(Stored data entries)
"""

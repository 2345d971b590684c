-- ===== src/WorldState/Hierarchy/Found.antt =====
-- services/world_state.py: what the checks of a task update have found.
use elowyn_assist.Common.{
  ℕ, suc, ◌≡◌, refl, subst, Option, none, some, [], ◌∷◌, ◌==◌, inl, inr, Bool-cases, beq_refl,
  arith,
}
use elowyn_assist.Domain.Enums.{EntityType, DeadlineType}
use elowyn_assist.Domain.Errors.{Result, ok, sequence-ok, or_raise, not_found, Kind, ◌>>=◌, ◌>>◌}
use elowyn_assist.Domain.Commands.Fields.{Sent, sent}
use elowyn_assist.Domain.Commands.Updates.{TaskUpdate}
use elowyn_assist.Db.World.{Task}
use elowyn_assist.Db.Store.{Db}
use elowyn_assist.WorldState.Guards.{active_entity, active_task, active_project, get_task, if_given}
use elowyn_assist.WorldState.Completion.{effective_type}
use elowyn_assist.WorldState.Examine.{examine_task_update, if_sent}
use elowyn_assist.WorldState.Hierarchy.{
  Parents, task_parents, validate_parent_chain, check_task_parent,
}
use elowyn_assist.WorldState.Hierarchy.Walk.{walk-Clear}
use elowyn_assist.WorldState.Hierarchy.Forest.{Accepted}

-- An accepted parent is none or has a chain that avoids the child.
pub validate_parent_chain-Accepted :
    (size : ℕ) (t : EntityType) (up : Parents) (child : ℕ) (parent : Option ℕ) (db : Db)
    → validate_parent_chain size t up child parent db ≡ ok tt
    → Accepted up child parent
unfolding validate_parent_chain
validate_parent_chain-Accepted size t up child none db h = tt
validate_parent_chain-Accepted size t up child (some parent) db h =
    elim (Bool-cases (parent == child)) [
      | inl e ↦ absurd (ground arith)
      | inr e ↦
          walk-Clear up db t (suc size) (child ∷ []) child parent (rw (beq_refl child) refl)
            (ground arith)
    ]

active_task-get :
    (i : ℕ) (db : Db) (task : Task) → active_task i db ≡ ok task → get_task i db ≡ some task
unfolding active_task
active_task-get i db task h =
    let (_, _, k) =
      sequence-ok (active_entity i (some EntityType.task) db)
        (λ _. or_raise (not_found Kind.task) (get_task i db)) task h in
    go (get_task i db) refl k
  where
    go :
        (found : Option Task)
        → get_task i db ≡ found
        → or_raise (not_found Kind.task) found ≡ ok task
        → get_task i db ≡ some task
    go none e k = absurd (cc)
    go (some row) e k = cc

-- The row, and a parent that was sent is accepted.
pub examine_task_update-found :
    (c : TaskUpdate) (db : Db) (task : Task) (type : Sent DeadlineType)
    → examine_task_update c db ≡ ok (task, type)
    → (get_task c.entity_id db ≡ some task)
      × ((parent : Option ℕ)
          → c.parent_task_id ≡ sent parent
          → Accepted (task_parents db) c.entity_id parent)
unfolding examine_task_update check_task_parent
examine_task_update-found c db task type h =
    let (row, looked, first) = sequence-ok (active_task c.entity_id db) rest (task, type) h in
    let (_, checked, second) = sequence-ok parent (λ _. after row) (task, type) first in
    let (_, _, third) = sequence-ok project (λ _. last row) (task, type) second in
    let (effective, _, fourth) = sequence-ok (dated row) (λ x. ok (row, x)) (task, type) third in
    let same : row ≡ task = cc in
    (
      active_task-get c.entity_id db task
          (subst (λ t. active_task c.entity_id db ≡ ok t) same looked),
      λ value e.
          validate_parent_chain-Accepted _ EntityType.task (task_parents db) c.entity_id value db
            (subst (λ v. if_sent (check_task_parent c.entity_id) v db ≡ ok tt) e checked),
    )
  where
    parent : Result (Unit {0})
    parent = if_sent (check_task_parent c.entity_id) c.parent_task_id db

    project : Result (Unit {0})
    project = if_sent (if_given active_project) c.primary_project_id db

    dated : Task → Result (Sent DeadlineType)
    dated row = effective_type c.deadline_type c.deadline_at row.deadline_type row.deadline_at

    last : Task → Result (Task × Sent DeadlineType)
    last row = dated row >>= λ x. ok (row, x)

    after : Task → Result (Task × Sent DeadlineType)
    after row = project >> last row

    rest : Task → Result (Task × Sent DeadlineType)
    rest row = parent >> after row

"""

> WHAT THE TASK ASKS
Scanning the data above, copy out every line where "that" is found.

> TASK SOLUTION
-- An accepted parent is none or has a chain that avoids the child.
-- The row, and a parent that was sent is accepted.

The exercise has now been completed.